REVIEW ESSAYS AND BOOK REVIEWS
In 2020 the whole world commemorated the 75th anniversary of the end of World War II — the most horrifi c war in the human history. However, the celebration of the victory over fascism was overshadowed by the growing tension among the leading actors of contemporary international relations. In this context, a high level of responsibility falls on the academic community to rebuff politically motivated attempts to rewrite history and revise the outcomes of this war. The book under review could make an important contribution to that end. The book provides a comprehensive and balanced analysis of the history of World War II. The reviewer emphasizes that rather than providing a detailed examination of military operations the authors focused on their impact on the development of the international relations system.
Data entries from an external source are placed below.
-- ===== src/Relay/Pump.antt =====
-- The two copy loops of internal/shared/streamrelay/framed.go, and `RelayFramed`, which runs both.
use spind.Prelude.{
  Bytes, Option, Result, [], err, if◌then◌else◌, is_empty, length, none, ok, some, suc, zero, ℕ,
  ◌==◌,
}
use spind.Relay.Frame.{ReadError, Frame, read_frame, frame_data, frame_close_write}
use spind.Relay.Writer.{
  RelayError, Writer, read_failed, bad_frame, unknown_frame, write_frame, write_full,
}

-- How the reads of a connection end.
pub data ReadEnd : Type 0 where
  end_of_file failed : ReadEnd

-- The results of the calls `local.Read(buffer)`, in order: the bytes read with no error, and last
-- the bytes read with an error.
pub data Source : Type 0 where
  chunk : Bytes → Source → Source
  last : Bytes → ReadEnd → Source

-- A connection that takes bytes and whose sending side can be shut.
pub record Conn : Type 1 where
  pub writer : Writer
  pub open writer use *
  pub close_write : W → Option RelayError × W

module _ (o : Writer) where
  open o use {W}

  -- what `if n > 0` guards
  unfoldable pub send_chunk : W → Bytes → Option RelayError × W
  send_chunk w buffer = if is_empty buffer then (none, w) else write_frame o w (frame_data, buffer)

  -- what follows the write of the last bytes
  unfoldable pub send_end : ReadEnd → Option RelayError × W → Option RelayError × W
  send_end how (some e, w) = (some e, w)
  send_end end_of_file (none, w) = write_frame o w (frame_close_write, [])
  send_end failed (none, w) = (some read_failed, w)

  unfoldable pub go_on : (W → Option RelayError × W) → Option RelayError × W → Option RelayError × W
  go_on next (some e, w) = (some e, w)
  go_on next (none, w) = next w

  unfoldable pub copy_local_to_framed : Source → W → Option RelayError × W
  copy_local_to_framed (chunk b src) w = go_on (copy_local_to_framed src) (send_chunk w b)
  copy_local_to_framed (last b how) w = send_end how (send_chunk w b)

module _ (c : Conn) where
  open c use {W}

  -- what the loop does with one frame; `next` is the rest of the loop
  unfoldable pub deliver : Frame → (W → Option RelayError × W) → W → Option RelayError × W
  deliver (frame_type, payload) next v =
      if frame_type == frame_data
      then (if is_empty payload
          then next v
          else go_on c.writer next (write_full c.writer v payload))
      else if frame_type == frame_close_write
      then c.close_write v
      else (some (unknown_frame frame_type), v)

  -- One round of `for { readFrame … }`; `next` is the loop on what is left of the stream.
  unfoldable pub round :
      (Bytes → W → Option RelayError × W)
      → Result ReadError (Frame × Bytes)
      → W
      → Option RelayError × W
  round next (err e) v = (some (bad_frame e), v)
  round next (ok (frame, left)) v = deliver frame (next left) v

  -- Each frame takes a byte of the stream at least, so its length is fuel enough: with no fuel
  -- left there are no bytes left, and `readFrame` returns the end of the file.
  unfoldable pub copy_loop : ℕ → Bytes → W → Option RelayError × W
  copy_loop zero s v = (some (bad_frame ReadError.eof), v)
  copy_loop (suc fuel) s v = round (copy_loop fuel) (read_frame s) v

  unfoldable pub copy_framed_to_local : Bytes → W → Option RelayError × W
  copy_framed_to_local s v = copy_loop (length s) s v
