-- ===== src/BlockCache/Rows.antt =====
-- The table of the MySQL storage, as src/cache/mysql.cpp describes it: rows in the order of their heights,
-- which are the primary key.
use xayax.Prelude.{
  ℕ, zero, suc, ◌+◌, ◌-◌, ◌≤◌, ◌≡◌, refl, String, List, [], ◌∷◌, arith, length, ltb, leb, ◌==◌,
  ◌&&◌, if◌then◌else◌,
}

-- REPLACE INTO
unfoldable pub replace_row : ℕ → String → List (ℕ × String) → List (ℕ × String)
replace_row h d [] = (h, d) ∷ []
replace_row h d ((k, c) ∷ m) =
    let rest = replace_row h d m in
    if h == k then (h, d) ∷ m else if ltb h k then (h, d) ∷ (k, c) ∷ m else (k, c) ∷ rest

-- SELECT `data` ... WHERE `height` >= a AND `height` < b ORDER BY `height` ASC
unfoldable pub data_between : ℕ → ℕ → List (ℕ × String) → List String
data_between a b [] = []
data_between a b ((k, d) ∷ m) =
    let rest = data_between a b m in if leb a k && ltb k b then d ∷ rest else rest

-- The heights ascend, from a bound on.
abbrev pub AscendsFrom : ℕ → List (ℕ × String) → Type 0
AscendsFrom lo [] = Unit {0}
AscendsFrom lo ((k, d) ∷ m) = (lo ≤ k) × AscendsFrom (suc k) m

pub replace_row-AscendsFrom :
    (lo h : ℕ) (d : String) (m : List (ℕ × String))
    → lo ≤ h
    → AscendsFrom lo m
    → AscendsFrom lo (replace_row h d m)
unfolding replace_row
replace_row-AscendsFrom lo h d [] l a = (l, tt)
replace_row-AscendsFrom lo h d ((k, c) ∷ m) l a =
    ground (arith, replace_row-AscendsFrom (suc k) h d m)

-- At most as many rows as there are heights in the range
between_length :
    (a b lo : ℕ) (m : List (ℕ × String)) → AscendsFrom lo m → length (data_between a b m) ≤ b - lo
unfolding data_between
between_length a b lo [] h = omega arith
between_length a b lo ((k, d) ∷ m) h = ground (arith, between_length a b (suc k) m h.1)

module _ (data_at : ℕ → String) where
  -- Every row has the data that belong to its height.
  abbrev pub HasData : List (ℕ × String) → Type 0
  HasData [] = Unit {0}
  HasData ((k, d) ∷ m) = (d ≡ data_at k) × HasData m

  abbrev pub data_slice : ℕ → ℕ → List String
  data_slice a zero = []
  data_slice a (suc n) = data_at a ∷ data_slice (suc a) n

  pub replace_row-HasData :
      (h : ℕ) (m : List (ℕ × String)) → HasData m → HasData (replace_row h (data_at h) m)
  unfolding replace_row
  replace_row-HasData h [] f = (refl, tt)
  replace_row-HasData h ((k, c) ∷ m) f = ground (arith, replace_row-HasData h m f.1)

  from_slice :
      (a b lo n : ℕ) (m : List (ℕ × String))
      → a ≤ lo
      → lo + n ≡ b
      → AscendsFrom lo m
      → HasData m
      → length (data_between a b m) ≡ n
      → data_between a b m ≡ data_slice lo n
  unfolding data_between
  from_slice a b lo zero [] l p h f e = refl
  from_slice a b lo (suc n) [] l p h f e = absurd (omega arith)
  from_slice a b lo zero ((k, d) ∷ m) l p h f e = ground (arith, from_slice a b lo zero m)
  from_slice a b lo (suc n) ((k, d) ∷ m) l p h f e =
      ground (arith, between_length a b (suc k) m h.1, from_slice a b (suc k) n m)

  -- If a selection has as many rows as the range has heights, it has the data of each height.
  pub between_slice :
      (a n lo : ℕ) (m : List (ℕ × String))
      → AscendsFrom lo m
      → HasData m
      → length (data_between a (a + n) m) ≡ n
      → data_between a (a + n) m ≡ data_slice a n
  unfolding data_between
  between_slice a n lo [] h f e = from_slice a (a + n) a n [] (omega arith) refl tt tt e
  between_slice a n lo ((k, d) ∷ m) h f e =
      ground (arith, between_slice a n (suc k) m h.1 f.1, from_slice a (a + n) a n ((k, d) ∷ m))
In particular, the book provides a detailed picture of the complex interactions within the strategic triangle — the Soviet Union, the United States, and Great Britain — both during the war and in the years after the war. As a result, the book under review not only provides an opportunity to better understand the key trends in relationships between the Great Powers during the war, but also sheds new light on the origins of the bipolar system and the beginning of the Cold War. The reviewer concludes that, despite sometimes excessively Eurocentric approach of the authors, this book is a seminal work on the history of World War II and a major event for the Russian academic community. As such, this book can be recommended to both professional historians and a wider audience.